AIM2 nuclear-to-cytoplasmic exit in cigarette smoke extract-stimulated HBEC30KT epithelial cell line
Subcellular localization of AIM2 was further investigated by cell fractionation followed by immunoblotting, using the cell line HBEC30KT derived from human bronchial epithelium. The purity of the nuclear and cytoplasmic fractions was confirmed by single bands of Lamin B1 in the former, and GADPH in the latter. While immunoblotting of the total cell lysate detected multiple bands for AIM2, the lower molecular weight bands (~35; ~41 and ~46kDa) were more abundant in the cytoplasmic fraction, but the higher molecular weight band (~50kDa) was predominant in the nuclear fraction (Figure 8).

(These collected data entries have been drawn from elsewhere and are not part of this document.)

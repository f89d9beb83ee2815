-- ===== src/State/Closing.antt =====
-- The end of a shared environment (`closeSharedEnvironmentIfUnused` of internal/native_state.ts), and
-- the operations that may bring it about.
use lmdb_deno.Prelude.{
  ℕ, suc, ◌-◌, Bool, true, false, not, ◌||◌, Option, none, some, List, [], ◌∷◌, is_some, error,
  Result, ok, err, ltb, ◌==◌, if◌then◌else◌,
}
use lmdb_deno.Batch.Protocol.Registry.{SharedState}
use lmdb_deno.Batch.Protocol.Descriptors.{retire_shared_environment_generation}
use lmdb_deno.State.World.{
  WriterOwner, internal_writer, SharedBatchClient, cursor_close, env_close, World, Action,
  throw_when, run, ◌>>=◌, ◌>>◌, set_shared, call,
}
use lmdb_deno.State.Access.{
  is_poisoned, handle_of, assert_shared_state_usable, get_shared_environment,
  environment_state_for_owner,
}
use lmdb_deno.State.Records.{is_entry, find_record, delete_key, invalidate_dbi_bindings}
use lmdb_deno.State.Cursors.{close_cursor_binding}
use lmdb_deno.State.Transactions.{close_transaction_binding, second_writer_error}

-- `hasBatchDbiLeases`.
abbrev pub has_batch_refs : List (ℕ × ℕ) → World → Bool
has_batch_refs [] w = false
has_batch_refs ((handle, r) ∷ l) w = not ((w.records r).batch_refs == 0) || has_batch_refs l w

-- The loop over the cursors: the handles of the read cursors, which are to be closed natively.
unfoldable pub close_cursors : List ℕ → World → List ℕ × World
close_cursors [] w = ([], w)
close_cursors (c ∷ cs) w =
    let b = w.cursors c in
    let (handles, w') = close_cursors cs (close_cursor_binding c false false w) in
    (elim b.handle [ none ↦ handles | some h ↦ if b.read_only then h ∷ handles else handles ], w')

unfoldable pub close_transactions : List ℕ → World → World
close_transactions [] w = w
close_transactions (t ∷ ts) w = close_transactions ts (close_transaction_binding t w)

-- `invalidateSharedEnvironmentChildren`.
unfoldable pub invalidate_shared_environment_children : ℕ → World → List ℕ × World
invalidate_shared_environment_children state w =
    let (handles, w₁) = close_cursors (w.shared state).cursors w in
    let w₂ = invalidate_dbi_bindings (w₁.shared state).dbis w₁ in
    let w₃ = close_transactions (w₂.shared state).transactions w₂ in
    (
      handles,
      set_shared state (record (w₃.shared state) { transactions = []; active_writer = none }) w₃,
    )

-- `unregisterSharedEnvironment`. The registry is a `Map` from canonical paths.
unfoldable pub unregister_shared_environment : ℕ → World → World
unregister_shared_environment state w =
    let path = (w.shared state).canonical_path in
    if is_entry (find_record path w.environment_registry) state
    then record w { environment_registry = delete_key path w.environment_registry }
    else w

unfoldable pub close_native_cursors : List ℕ → World → World
close_native_cursors [] w = w
close_native_cursors (h ∷ hs) w = close_native_cursors hs (call (cursor_close h) w)

-- `state.batchClient?.close()`: the client forgets itself, unless it is busy.
abbrev pub is_busy : SharedBatchClient → Bool
is_busy c = c.active || ltb 0 c.queued

abbrev pub close_client : Option SharedBatchClient → ℕ → Action (Unit {0})
close_client none state w = (ok tt, w)
close_client (some c) state w =
    if is_busy c
    then (
      err (error "Cannot close the environment while a batch operation is pending or active"),
      w,
    )
    else (ok tt, set_shared state (record (w.shared state) { batch_client = none }) w)

unfoldable pub close_shared_batch_client : ℕ → Action (Unit {0})
close_shared_batch_client state w = close_client (w.shared state).batch_client state w

abbrev pub with_state : (SharedState → World → World) → Option SharedState → World → World
with_state change none w = w
with_state change (some s) w = change s w

abbrev pub in_registry : (SharedState → World → World) → ℕ → World → World
in_registry change state w = with_state change (w.registry.states state) w

abbrev pub retire_known : ℕ → SharedState → World → World
retire_known state s w = record w {
  registry = retire_shared_environment_generation state s w.registry;
}

abbrev pub retire : ℕ → World → World
retire state w = in_registry (retire_known state) state w

-- What nothing refers to any more is closed, with the read cursors first.
unfoldable pub close_shared_environment : ℕ → World → World
close_shared_environment state w =
    let (handles, w₁) = invalidate_shared_environment_children state (retire state w) in
    if is_poisoned state w₁
    then w₁
    else call (env_close (handle_of state w₁))
        (close_native_cursors handles (unregister_shared_environment state w₁))

abbrev pub is_retired : ℕ → World → Bool
is_retired state w = elim (w.registry.states state) [ none ↦ true | some s ↦ s.generation == 0 ]

abbrev pub is_referenced : ℕ → World → Bool
is_referenced state w = elim (w.registry.states state) [
  | none ↦ false
  | some s ↦ not (s.ref_count == 0)
]

abbrev pub is_in_use : ℕ → World → Bool
is_in_use state w =
    is_referenced state w
    || not ((w.shared state).active_async_operations == 0)
    || is_some (w.shared state).active_writer
    || has_batch_refs (w.shared state).dbi_records w

unfoldable pub close_shared_environment_if_unused : ℕ → Action (Unit {0})
close_shared_environment_if_unused state w =
    if is_retired state w || is_in_use state w
    then (ok tt, w)
    else (close_shared_batch_client state >> run (close_shared_environment state)) w

-- `SharedEnvironmentOperation` and `InternalWriterReservation`.
pub record SharedEnvironmentOperation : Type 0 where
  pub state : ℕ
  pub released : Bool

pub record InternalWriterReservation : Type 0 where
  pub state : ℕ
  pub token : ℕ

unfoldable pub begin_shared_environment_operation : ℕ → Action SharedEnvironmentOperation
begin_shared_environment_operation owner = get_shared_environment owner >>= λ s.
    assert_shared_state_usable (some s) >> λ w. (
      ok (record { state = s; released = false }),
      set_shared s
          (record (w.shared s) {
            active_async_operations = suc (w.shared s).active_async_operations;
          })
          w,
    )

-- The operation object is marked too.
unfoldable pub end_shared_environment_operation :
    SharedEnvironmentOperation → World → (Result (Unit {0}) × World) × SharedEnvironmentOperation
end_shared_environment_operation operation w =
    let s = w.shared operation.state in
    if operation.released then ((ok tt, w), operation) else (
      close_shared_environment_if_unused operation.state (
          set_shared operation.state
            (record s { active_async_operations = s.active_async_operations - 1 }) w),
      record operation { released = true },
    )

-- The token is a new object.
abbrev pub reserve_in : ℕ → World → World
reserve_in s w =
    record (set_shared s
      (record (w.shared s) { active_writer = some (internal_writer w.next_object) }) w) {
        next_object = suc w.next_object;
      }

-- `reserveInternalWriter`.
unfoldable pub reserve_internal_writer : ℕ → Action InternalWriterReservation
reserve_internal_writer env_owner = environment_state_for_owner env_owner >>= λ s.
    assert_shared_state_usable (some s) >> λ w.
    (throw_when (is_some (w.shared s).active_writer) second_writer_error >> λ w₁.
    (ok (record { state = s; token = w₁.next_object }), reserve_in s w₁))
      w

abbrev pub holds_token : Option WriterOwner → ℕ → Bool
holds_token (some (internal_writer t)) token = t == token
holds_token _ token = false

-- `releaseInternalWriter`, of a reservation that is not `undefined`.
unfoldable pub release_internal_writer : InternalWriterReservation → Action (Unit {0})
release_internal_writer reservation w =
    let s = w.shared reservation.state in
    let free = set_shared reservation.state (record s { active_writer = none }) w in
    if holds_token s.active_writer reservation.token
    then close_shared_environment_if_unused reservation.state free
    else (ok tt, w)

The four above mentioned molecular weight bands of AIM2 were compared for their abundance after normalization to the corresponding bands in the whole cell lysate and adjustment based on the GAPDH (cytoplasmic) or Lamin B1 (nuclear) expression. Data obtained from cigarette smoke extract-stimulated vs. control cells indicated that while there was only a modest change in the total, cigarette smoke extract-stimulated cells showed a clear shift of AIM2 out of the nucleus (Figure 8).
In line with data from immunoblotting analysis of cell fractions, confocal analysis demonstrated a distinctive nuclear-to-cytoplasmic redistribution of AIM2 protein, compared to vehicle control (Figure 8). No significant increase of cleaved IL-1β was however observed.